Daniel James was born in Cornwall, raised on the Channel Island of Guernsey and relocated to New Zealand as a teenager. He has spent a large portion of his adult life globe-trotting.

Now semi-retired, Daniel can permit his lifelong interest in history and his vivid imagination, inspired by the cultures and places he has encountered, to run wild.

Daniel lives in New Zealand on the rural fringes of Auckland City with his wife in a home surrounded by native bush.

Operation Traction is his debut novel.

Dedication

To Jo, my travelling companion, for her eternal encouragement and patience.

Copyright Information ©

Daniel James 2020

The right of Daniel James to be identified as author of this work has been asserted by him in accordance with sections 77 and 78 of the Copyright, Designs and Patents Act 1988.

All rights reserved. No part of this publication may be reproduced, stored in a retrieval system, or transmitted in any form or by any means, electronic, mechanical, photocopying, recording, or otherwise, without the prior permission of the publishers.

Any person who commits any unauthorized act in relation to this publication may be liable to criminal prosecution and civil claims for damages.

This is a work of fiction. Names, characters, businesses, places, events, locales, and incidents are either the products of the author’s imagination or used in a fictitious manner. Any resemblance to actual persons, living or dead, or actual events is purely coincidental.

A CIP catalogue record for this title is available from the British Library.

ISBN 9781528983303 (Paperback)

ISBN 9781528983310 (ePub e-book)

www.austinmacauley.com

First Published 2020

Austin Macauley Publishers Ltd®

1 Canada Square

Canary Wharf

London

E14 5AA

20230214

Prologue

Krakow, Poland. 22 January, 1940.

There was a loud commotion in the courtyard—dogs barking, men shouting.

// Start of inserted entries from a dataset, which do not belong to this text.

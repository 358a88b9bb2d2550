-- ===== src/Value.antt =====
-- value.py: snapshots and their canonical encoding.
pub mod Snapshot
pub mod Reach
pub mod Reachable
pub mod Decimal
pub mod Digits
pub mod Encode
pub mod Decode
pub mod RoundTrip
pub mod Payload
pub mod Classes
pub mod Checks
pub mod Validate
pub mod Valid
pub mod Serialize
pub mod Graphs
pub mod Ascending
pub mod Canonical
pub mod Exact
mod Tests
mod ValidTests
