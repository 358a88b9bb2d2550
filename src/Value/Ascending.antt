-- ===== src/Value/Ascending.antt =====
-- Lists in strictly ascending order of a text of each element: equal where they have the same elements.
use Prim.Native.Nat.{Ordering}
use Prim.Native.String.compare
use Prim.Native.String.{[] as nil, ◌∷◌ as cons, compare}
use text.Mathlib.TextPositions.{compare_refl}
use mathlib.Core.Path.{subst}
use pyinc.Prelude.{
  ◌≡◌, ◌≢◌, refl, sym, ◌∙◌, ap, List, [], ◌∷◌, String, arith, All, All-at, In, here, there,
  In-cases, ◌↔◌, inl, inr,
}

pub compare_trans :
    (s t u : String)
    → compare s t ≡ Ordering.lt
    → compare t u ≡ Ordering.lt
    → compare s u ≡ Ordering.lt
compare_trans nil nil u h k = absurd cc
compare_trans nil (cons d t) nil h k = absurd (ground (arith, k, compare.cons-nil d t))
compare_trans nil (cons d t) (cons e u) h k = compare.nil-cons e u
compare_trans (cons c s) nil u h k = absurd (ground (arith, h, compare.cons-nil c s))
compare_trans (cons c s) (cons d t) nil h k = absurd (ground (arith, k, compare.cons-nil d t))
compare_trans (cons c s) (cons d t) (cons e u) h k = ground (
  arith,
  compare.cons-cons c d s t,
  compare.cons-cons d e t u,
  compare.cons-cons c e s u,
  compare_trans s t u,
)

module _ {A : Type 0} (key : A → String) where
  abbrev pub IsAscending : List A → Type 0
  IsAscending [] = Unit
  IsAscending (x ∷ xs) = All (λ y. compare (key x) (key y) ≡ Ordering.lt) xs × IsAscending xs

  not_below : (x y : A) → compare (key x) (key y) ≡ Ordering.lt → x ≢ y
  not_below x y h e =
      absurd (ground (arith, h, ap (λ z. compare (key x) (key z)) e, compare_refl (key x)))

  abbrev Same : List A → List A → Type 0
  Same xs ys = (x : A) → In x xs ↔ In x ys

  In-head :
      (x y : A) (xs ys : List A)
      → IsAscending (x ∷ xs)
      → IsAscending (y ∷ ys)
      → Same (x ∷ xs) (y ∷ ys)
      → x ≡ y
  In-head x y xs ys up up' same = elim (In-cases ((same x).0 here)) [
    | inl e ↦ e
    | inr m ↦ elim (In-cases ((same y).1 here)) [
      | inl e ↦ sym e
      | inr m' ↦ absurd (
          not_below x x
            (compare_trans (key x) (key y) (key x)
              (All-at (λ z. compare (key x) (key z) ≡ Ordering.lt) m' up.0)
              (All-at (λ z. compare (key y) (key z) ≡ Ordering.lt) m up'.0))
            refl)
    ]
  ]

  In-rest :
      (x : A) (xs ys : List A)
      → IsAscending (x ∷ xs)
      → ((z : A) → In z (x ∷ xs) → In z (x ∷ ys))
      → (z : A) → In z xs
      → In z ys
  In-rest x xs ys up same z m = elim (In-cases (same z (there m))) [
    | inl e ↦
        absurd (not_below x z (All-at (λ z. compare (key x) (key z) ≡ Ordering.lt) m up.0) (sym e))
    | inr m' ↦ m'
  ]

  -- Two ascending lists with the same elements are equal.
  pub ascending_eq : (xs ys : List A) → IsAscending xs → IsAscending ys → Same xs ys → xs ≡ ys
  ascending_eq [] [] up up' same = refl
  ascending_eq [] (y ∷ ys) up up' same = elim ((same y).1 here) [ ]
  ascending_eq (x ∷ xs) [] up up' same = elim ((same x).0 here) [ ]
  ascending_eq (x ∷ xs) (y ∷ ys) up up' same =
      let e = In-head x y xs ys up up' same in
      let same' : Same (x ∷ xs) (x ∷ ys) = subst (λ z. Same (x ∷ xs) (z ∷ ys)) (sym e) same in
      let up'' : IsAscending (x ∷ ys) = subst (λ z. IsAscending (z ∷ ys)) (sym e) up' in
      let rest = ascending_eq xs ys up.1 up'.1 (λ z.
        (In-rest x xs ys up (λ w. (same' w).0) z, In-rest x ys xs up'' (λ w. (same' w).1) z)) in
      ap (λ z. z ∷ xs) e ∙ ap (λ zs. y ∷ zs) rest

Heavy jackbooted footsteps thundered on the cobbles and then on the stairs. A furious hammering on doors. The sound of people whimpering. Cries of terror.

Then it was their turn.

The urgent hammering on their door.

The chilling demand for them to come out.

Hadassah, her sisters, brother and mother were herded out into the apartment block’s inner courtyard, shoved roughly at the end of rifle butts.

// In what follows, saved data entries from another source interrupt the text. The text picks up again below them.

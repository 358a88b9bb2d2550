-- ===== src/Value/Classes.antt =====
-- value.py, `_thaw_equivalence_key`: which keys and members are one after `thaw`. Floats and fractions
-- are Python's and come as `Numbers`; two texts are equal where their encodings are.
use pyinc.Prelude.{Bool, true, false, ◌&&◌, List, [], ◌∷◌, String, if◌then◌else◌}
use text.Mathlib.Text.{◌==◌ as str_eq}
use pyinc.Value.Snapshot.{
  Bytes, ℤ, pos, Scalars, Snapshot, Items, none_value, bool, int, float, complex, str, bytes,
  frozen_set, frozen_adapter_value, tuple, no_items, item,
}
use pyinc.Value.Payload.{bytes_equal, fingerprint_snapshot}

-- `math.isnan`, `math.isinf`, `value > 0`, whether a NaN has the bits of `float.fromhex("nan")`,
-- `Fraction` of a float and of an `int`, `==` of fractions, and `hashlib.sha256`.
pub record Numbers (c : Scalars) : Type 1 where
  pub Fraction : Type 0
  pub is_nan : c.Float → Bool
  pub is_inf : c.Float → Bool
  pub is_positive : c.Float → Bool
  pub has_nan_bits : c.Float → Bool
  pub of_float : c.Float → Fraction
  pub of_int : ℤ → Fraction
  pub same_fraction : Fraction → Fraction → Bool
  pub sha256 : Bytes → String

abbrev pub text_equal : (c : Scalars) → c.Text → c.Text → Bool
text_equal c a b = bytes_equal (c.encode_utf8 a) (c.encode_utf8 b)

-- `"frozenset"`
abbrev pub frozenset_kind : Bytes
frozenset_kind = b'f' ∷ b'r' ∷ b'o' ∷ b'z' ∷ b'e' ∷ b'n' ∷ b's' ∷ b'e' ∷ b't' ∷ []

-- `all` and `any`, of tests on one value and of values on one test
abbrev any_test : {A : Type 0} → List (A → Bool) → A → Bool
any_test [] y = false
any_test (t ∷ ts) y = if t y then true else any_test ts y

abbrev any_value : {A : Type 0} → (A → Bool) → List A → Bool
any_value t [] = false
any_value t (y ∷ ys) = if t y then true else any_value t ys

abbrev all_tests : {A : Type 0} → List (A → Bool) → List A → Bool
all_tests [] ys = true
all_tests (t ∷ ts) ys = any_value t ys && all_tests ts ys

abbrev all_values : {A : Type 0} → List (A → Bool) → List A → Bool
all_values ts [] = true
all_values ts (y ∷ ys) = any_test ts y && all_values ts ys

module _ (c : Scalars) (num : Numbers c) where
  pub data RealKey : Type 0 where
    nan plus_inf minus_inf : RealKey
    fraction : num.Fraction → RealKey

  unfoldable pub real_number_key : c.Float → RealKey
  real_number_key f =
      if num.is_nan f
      then nan
      else if num.is_inf f
      then (if num.is_positive f then plus_inf else minus_inf)
      else fraction (num.of_float f)

  abbrev pub same_real : RealKey → RealKey → Bool
  same_real nan nan = true
  same_real plus_inf plus_inf = true
  same_real minus_inf minus_inf = true
  same_real (fraction a) (fraction b) = num.same_fraction a b
  same_real _ _ = false

  -- The tagged tuples that the function returns.
  mutual
    pub data Class : Type 0 where
      none_class : Class
      num_class : RealKey → RealKey → Class
      str_class : c.Text → Class
      bytes_class : Bytes → Class
      tuple_class : Classes → Class
      frozenset_class : Classes → Class
      adapter_class : c.Text → Class → Class
      encoded : String → Class

    pub data Classes : Type 0 where
      no_classes : Classes
      class : Class → Classes → Classes

  abbrev listed : Classes → List Class
  listed no_classes = []
  listed (class a as') = a ∷ listed as'

  -- `==` of the tuples, where frozensets are equal if each has the members of the other
  unfoldable mutual
    pub class_equal : Class → Class → Bool
    class_equal none_class none_class = true
    class_equal (num_class r i) (num_class r' i') = same_real r r' && same_real i i'
    class_equal (str_class t) (str_class t') = text_equal c t t'
    class_equal (bytes_class b) (bytes_class b') = bytes_equal b b'
    class_equal (tuple_class xs) (tuple_class ys) = classes_equal xs ys
    class_equal (frozenset_class xs) (frozenset_class ys) =
        let tests = class_tests xs in all_tests tests (listed ys) && all_values tests (listed ys)
    class_equal (adapter_class k x) (adapter_class k' y) = text_equal c k k' && class_equal x y
    class_equal (encoded d) (encoded d') = str_eq d d'
    class_equal _ _ = false

    pub classes_equal : Classes → Classes → Bool
    classes_equal no_classes no_classes = true
    classes_equal (class x xs) (class y ys) = class_equal x y && classes_equal xs ys
    classes_equal _ _ = false

    pub class_tests : Classes → List (Class → Bool)
    class_tests no_classes = []
    class_tests (class x xs) = class_equal x ∷ class_tests xs

  -- `Fraction(int(snapshot))` of a `bool`
  abbrev bool_int : Bool → ℤ
  bool_int true = pos 1
  bool_int false = pos 0

  unfoldable mutual
    pub thaw_equivalence_key : Snapshot c → Class
    thaw_equivalence_key none_value = none_class
    thaw_equivalence_key (bool b) =
        num_class (fraction (num.of_int (bool_int b))) (fraction (num.of_int (pos 0)))
    thaw_equivalence_key (int n) =
        num_class (fraction (num.of_int n)) (fraction (num.of_int (pos 0)))
    thaw_equivalence_key (float f) = num_class (real_number_key f) (fraction (num.of_int (pos 0)))
    thaw_equivalence_key (complex r i) = num_class (real_number_key r) (real_number_key i)
    thaw_equivalence_key (str t) = str_class t
    thaw_equivalence_key (bytes b) = bytes_class b
    thaw_equivalence_key (tuple xs) = tuple_class (thaw_equivalence_keys xs)
    thaw_equivalence_key (frozen_set kind xs) =
        let members = thaw_equivalence_keys xs in
        if bytes_equal (c.encode_utf8 kind) frozenset_kind
        then frozenset_class members
        else encoded (fingerprint_snapshot c num.sha256 (frozen_set kind xs))
    thaw_equivalence_key (frozen_adapter_value key x) = adapter_class key (thaw_equivalence_key x)
    thaw_equivalence_key x = encoded (fingerprint_snapshot c num.sha256 x)

    pub thaw_equivalence_keys : Items c → Classes
    thaw_equivalence_keys no_items = no_classes
    thaw_equivalence_keys (item x xs) = class (thaw_equivalence_key x) (thaw_equivalence_keys xs)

Hadassah’s grandparents, who lived in an apartment two floors beneath them, were already there, cowed on their knees, surrounded by soldiers in field-grey uniforms pointing rifles at them. Her grandfather’s face was smeared with blood.

While their neighbours concealed themselves behind their curtains, locked their doors, and slunk into the dark recesses of their apartments, Hadassah, her siblings and her mother were forced to their knees alongside her grandparents. Two soldiers seized her grandfather and hauled him across the courtyard, his heels bouncing across the cobbles. Again, he was forced to his knees, his arms bent painfully behind his back and his forehead thrust to the ground. The Nazi officer, dressed in an impeccably-tailored black uniform, wearing a cap with a death’s head insignia, withdrew his revolver with a malicious expression and pointed it at the old man’s head.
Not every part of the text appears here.